Whenever a line below holds the word "text", count it once; report the total and nothing else.

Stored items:
..............................

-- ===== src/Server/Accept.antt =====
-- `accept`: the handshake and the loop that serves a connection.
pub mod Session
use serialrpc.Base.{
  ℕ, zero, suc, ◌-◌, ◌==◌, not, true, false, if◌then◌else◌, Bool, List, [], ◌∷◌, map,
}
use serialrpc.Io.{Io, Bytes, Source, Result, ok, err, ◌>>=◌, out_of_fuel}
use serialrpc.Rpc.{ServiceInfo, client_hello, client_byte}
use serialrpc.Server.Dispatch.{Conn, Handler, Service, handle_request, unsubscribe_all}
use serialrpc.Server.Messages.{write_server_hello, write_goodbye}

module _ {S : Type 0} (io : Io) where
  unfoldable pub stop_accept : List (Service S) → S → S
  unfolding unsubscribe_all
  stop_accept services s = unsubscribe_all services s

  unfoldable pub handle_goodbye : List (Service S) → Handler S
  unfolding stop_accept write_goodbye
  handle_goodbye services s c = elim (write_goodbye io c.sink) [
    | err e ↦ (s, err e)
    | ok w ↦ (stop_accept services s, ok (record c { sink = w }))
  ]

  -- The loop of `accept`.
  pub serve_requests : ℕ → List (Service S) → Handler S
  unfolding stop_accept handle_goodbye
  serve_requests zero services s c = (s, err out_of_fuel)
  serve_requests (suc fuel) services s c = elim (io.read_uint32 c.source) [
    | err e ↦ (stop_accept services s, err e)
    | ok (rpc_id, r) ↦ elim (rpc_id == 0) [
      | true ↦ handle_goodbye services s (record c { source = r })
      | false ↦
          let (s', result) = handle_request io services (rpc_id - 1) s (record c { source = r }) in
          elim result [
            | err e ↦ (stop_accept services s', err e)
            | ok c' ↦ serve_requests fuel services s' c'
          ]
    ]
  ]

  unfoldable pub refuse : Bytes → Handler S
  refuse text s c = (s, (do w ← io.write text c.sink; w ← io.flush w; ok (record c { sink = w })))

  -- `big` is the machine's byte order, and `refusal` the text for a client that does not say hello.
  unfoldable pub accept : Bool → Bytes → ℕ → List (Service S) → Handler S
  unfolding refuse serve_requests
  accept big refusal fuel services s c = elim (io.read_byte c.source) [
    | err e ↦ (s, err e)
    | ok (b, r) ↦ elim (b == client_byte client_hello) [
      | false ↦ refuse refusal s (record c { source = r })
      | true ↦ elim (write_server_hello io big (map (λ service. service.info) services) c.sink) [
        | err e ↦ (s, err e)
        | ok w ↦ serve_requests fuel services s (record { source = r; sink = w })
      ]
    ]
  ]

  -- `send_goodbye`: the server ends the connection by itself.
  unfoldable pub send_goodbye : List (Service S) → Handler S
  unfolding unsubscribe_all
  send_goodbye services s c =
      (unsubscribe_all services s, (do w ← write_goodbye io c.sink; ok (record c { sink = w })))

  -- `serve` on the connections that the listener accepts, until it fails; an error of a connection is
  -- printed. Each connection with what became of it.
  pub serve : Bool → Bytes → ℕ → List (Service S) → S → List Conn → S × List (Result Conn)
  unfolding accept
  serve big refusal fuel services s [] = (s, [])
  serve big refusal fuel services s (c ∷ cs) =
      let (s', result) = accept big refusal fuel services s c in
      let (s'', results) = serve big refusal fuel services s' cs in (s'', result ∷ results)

..............................

Response to the task:
2